## [What is being asked]
Look for the word "FaultEngine" in the entries and copy every line where it shows up.

## [Data records]

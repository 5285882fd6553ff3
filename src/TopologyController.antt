-- ===== src/TopologyController.antt =====
-- src/topology_controller.cpp and include/wirelab/topology_controller.hpp: a loaded topology, the
-- faults on its ports and links, and what they decide of a frame.
pub mod Targets
pub mod PortFaults
pub mod Evaluation
pub mod Refusals
use packet_switch.Prelude.{
  ℕ, suc, ◌+◌, ◌-◌, ◌*◌, ◌^◌, Bool, true, false, not, ◌&&◌, ◌||◌, Option, none, some, List, [], ◌∷◌,
  ◌++◌, map, ◌==◌, ltb, if◌then◌else◌, Expected, ok, unexpected, is_some, length, get_elem?, select,
  find_if, any_of, zero,
}
use packet_switch.Prelude.Int.{ℤ, pos, negsuc, ◌+ℤ◌, ◌-ℤ◌, ltzb, int64_max}
use packet_switch.Prelude.Texts.{Text, text_eq, text_lt, ascii}
use packet_switch.Prelude.Sorting.{sort}
use packet_switch.Prelude.Decimal.{decimal}
use packet_switch.Topology.{Topology, TopologyNode, TopologyLink, is_host}
use packet_switch.FaultEngine
use packet_switch.FaultEngine.{
  FaultEngine, FaultConfiguration, FaultDecision, ActiveFault, set_fault, clear_fault, fault_for,
}

pub data TopologyControllerError : Type 0 where
  no_topology unknown_port unknown_link invalid_fault_configuration : TopologyControllerError

pub record TopologyFault : Type 0 where
  pub first_endpoint : Text
  pub second_endpoint : Text
  pub configuration : FaultConfiguration

pub record TopologyController : Type 0 where
  pub topology : Option Topology
  pub fault_seed : ℕ
  pub fault_engine : FaultEngine
  pub topology_revision : ℕ

unfoldable pub init : ℕ → TopologyController
init fault_seed = record {
  topology = none;
  fault_seed = fault_seed;
  fault_engine = FaultEngine.init fault_seed;
  topology_revision = 0;
}

-- The revision stops at the largest `uint64_t`.
unfoldable pub load : TopologyController → Topology → TopologyController
load c topology = record c {
  topology = some topology;
  fault_engine = FaultEngine.init c.fault_seed;
  topology_revision =
      if c.topology_revision == 2 ^ 64 - 1 then c.topology_revision else c.topology_revision + 1;
}

abbrev pub nodes : Topology → List TopologyNode
nodes t = t.configuration.nodes

abbrev pub links : Topology → List TopologyLink
links t = t.configuration.links

unfoldable pub port_ids : TopologyController → List Text
port_ids c = elim c.topology [
  | none ↦ []
  | some t ↦ map (λ (n : TopologyNode). n.id) (select is_host (nodes t))
]

unfoldable pub port_id_at : TopologyController → ℕ → Option Text
port_id_at c ingress_port = get_elem? (port_ids c) ingress_port

unfoldable pub is_port : Topology → Text → Bool
is_port t port_id = any_of (λ n. text_eq n.id port_id && is_host n) (nodes t)

abbrev pub joins : Text → Text → TopologyLink → Bool
joins first second l =
    (text_eq l.from first && text_eq l.to second) || (text_eq l.from second && text_eq l.to first)

unfoldable pub is_link : Topology → Text → Text → Bool
is_link t first second = any_of (joins first second) (links t)

-- Called for a link that is there.
unfoldable pub link_latency : Topology → Text → Text → ℤ
link_latency t first second = elim (find_if (joins first second) (links t)) [
  | none ↦ pos 0
  | some l ↦ l.latency
]

unfoldable pub port_fault_target : Text → Text
port_fault_target port_id = ascii "port:" ++ (decimal (length port_id) ++ (b':' ∷ port_id))

abbrev pub link_text : Text → Text → Text
link_text first second =
    ascii "link:"
    ++ (decimal (length first)
        ++ (b':' ∷ (first ++ (b':' ∷ (decimal (length second) ++ (b':' ∷ second))))))

unfoldable pub link_fault_target : Text → Text → Text
link_fault_target first second =
    if text_lt second first then link_text second first else link_text first second

unfoldable pub port_fault : TopologyController → Text → Option FaultConfiguration
port_fault c port_id = elim c.topology [
  | none ↦ none
  | some t ↦
      if is_port t port_id then fault_for c.fault_engine (port_fault_target port_id) else none
]

-- `set_port_fault` and `set_link_fault` once the topology and the target are known.
abbrev pub set_target :
    TopologyController
    → Text
    → FaultConfiguration
    → TopologyController × Expected (Unit {0}) TopologyControllerError
set_target c target configuration = elim (set_fault c.fault_engine target configuration).1 [
  | ok _ ↦ (record c { fault_engine = (set_fault c.fault_engine target configuration).0 }, ok tt)
  | unexpected _ ↦ (
    record c { fault_engine = (set_fault c.fault_engine target configuration).0 },
    unexpected invalid_fault_configuration,
  )
]

unfoldable pub set_port_fault :
    TopologyController
    → Text
    → FaultConfiguration
    → TopologyController × Expected (Unit {0}) TopologyControllerError
set_port_fault c port_id configuration = elim c.topology [
  | none ↦ (c, unexpected no_topology)
  | some t ↦
      if not (is_port t port_id)
      then (c, unexpected unknown_port)
      else set_target c (port_fault_target port_id) configuration
]

unfoldable pub set_link_fault :
    TopologyController
    → Text
    → Text
    → FaultConfiguration
    → TopologyController × Expected (Unit {0}) TopologyControllerError
set_link_fault c first second configuration = elim c.topology [
  | none ↦ (c, unexpected no_topology)
  | some t ↦
      if not (is_link t first second)
      then (c, unexpected unknown_link)
      else set_target c (link_fault_target first second) configuration
]

abbrev pub clear_target : TopologyController → Text → TopologyController × Bool
clear_target c target = (
  record c { fault_engine = (clear_fault c.fault_engine target).0 },
  (clear_fault c.fault_engine target).1,
)

unfoldable pub clear_port_fault : TopologyController → Text → TopologyController × Bool
clear_port_fault c port_id = elim c.topology [
  | none ↦ (c, false)
  | some t ↦ if is_port t port_id then clear_target c (port_fault_target port_id) else (c, false)
]

unfoldable pub clear_link_fault : TopologyController → Text → Text → TopologyController × Bool
clear_link_fault c first second = elim c.topology [
  | none ↦ (c, false)
  | some t ↦
      if is_link t first second then clear_target c (link_fault_target first second) else (c, false)
]

abbrev pub at_target : Text → ActiveFault → Bool
at_target target fault = text_eq fault.target target

-- The two loops of `active_faults`: over the hosts, and over the links.
unfoldable pub host_faults : List ActiveFault → List TopologyNode → List TopologyFault
host_faults configured [] = []
host_faults configured (n ∷ ns) =
    let rest = host_faults configured ns in
    if is_host n
    then elim (find_if (at_target (port_fault_target n.id)) configured) [
      | none ↦ rest
      | some fault ↦
          record {
            first_endpoint = n.id;
            second_endpoint = [];
            configuration = fault.configuration;
          }
          ∷ rest
    ]
    else rest

unfoldable pub link_faults : List ActiveFault → List TopologyLink → List TopologyFault
link_faults configured [] = []
link_faults configured (l ∷ ls) =
    let rest = link_faults configured ls in
    elim (find_if (at_target (link_fault_target l.from l.to)) configured) [
      | none ↦ rest
      | some fault ↦
          record {
            first_endpoint = l.from;
            second_endpoint = l.to;
            configuration = fault.configuration;
          }
          ∷ rest
    ]

abbrev pub endpoints_less : TopologyFault → TopologyFault → Bool
endpoints_less left right =
    if text_lt left.first_endpoint right.first_endpoint
    then true
    else if text_lt right.first_endpoint left.first_endpoint
    then false
    else text_lt left.second_endpoint right.second_endpoint

unfoldable pub active_faults :
    TopologyController → Expected (List TopologyFault) TopologyControllerError
unfolding host_faults link_faults
active_faults c = elim c.topology [
  | none ↦ unexpected no_topology
  | some t ↦
      let configured = FaultEngine.active_faults c.fault_engine in
      ok
        (sort endpoints_less (host_faults configured (nodes t) ++ link_faults configured (links t)))
]

unfoldable pub evaluate_port :
    TopologyController
    → Text
    → ℕ
    → ℤ
    → TopologyController × Expected FaultDecision TopologyControllerError
evaluate_port c port_id frame_bytes arrival = elim c.topology [
  | none ↦ (c, unexpected no_topology)
  | some t ↦
      let out =
        FaultEngine.evaluate c.fault_engine (port_fault_target port_id) frame_bytes arrival in
      if not (is_port t port_id)
      then (c, unexpected unknown_port)
      else (record c { fault_engine = out.0 }, ok out.1)
]

-- Milliseconds in nanoseconds.
abbrev pub nanoseconds : ℤ → ℤ
nanoseconds (pos n) = pos (n * 1000000)
nanoseconds (negsuc n) = negsuc (n * 1000000 + 999999)

-- A delivery time, later by the latency of the link, and at most the last time there is.
abbrev pub delay : ℤ → ℤ → ℤ
delay latency time = if ltzb (int64_max -ℤ latency) time then int64_max else time +ℤ latency

-- The loop over the first `count` entries of `delivery_times`.
abbrev pub delay_first : ℕ → ℤ → List ℤ → List ℤ
delay_first zero latency times = times
delay_first (suc count) latency [] = []
delay_first (suc count) latency (time ∷ times) =
    delay latency time ∷ delay_first count latency times

abbrev pub delay_decision : ℤ → FaultDecision → FaultDecision
delay_decision latency d = record d {
  delivery_times = delay_first d.delivery_count latency d.delivery_times;
}

abbrev pub is_zero_duration : ℤ → Bool
is_zero_duration (pos n) = n == 0
is_zero_duration (negsuc n) = false

unfoldable pub evaluate_link :
    TopologyController
    → Text
    → Text
    → ℕ
    → ℤ
    → TopologyController × Expected FaultDecision TopologyControllerError
evaluate_link c first second frame_bytes arrival = elim c.topology [
  | none ↦ (c, unexpected no_topology)
  | some t ↦
      let target = link_fault_target first second in
      let out = FaultEngine.evaluate c.fault_engine target frame_bytes arrival in
      let latency = link_latency t first second in
      if not (is_link t first second)
      then (c, unexpected unknown_link)
      else if is_zero_duration latency
      then (record c { fault_engine = out.0 }, ok out.1)
      else (record c { fault_engine = out.0 }, ok (delay_decision (nanoseconds latency) out.1))
]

## [Exercise response]
use packet_switch.FaultEngine
use packet_switch.FaultEngine.{
  FaultEngine, FaultConfiguration, FaultDecision, ActiveFault, set_fault, clear_fault, fault_for,
  pub fault_engine : FaultEngine
  fault_engine = FaultEngine.init fault_seed;
  fault_engine = FaultEngine.init c.fault_seed;
      let configured = FaultEngine.active_faults c.fault_engine in
        FaultEngine.evaluate c.fault_engine (port_fault_target port_id) frame_bytes arrival in
      let out = FaultEngine.evaluate c.fault_engine target frame_bytes arrival in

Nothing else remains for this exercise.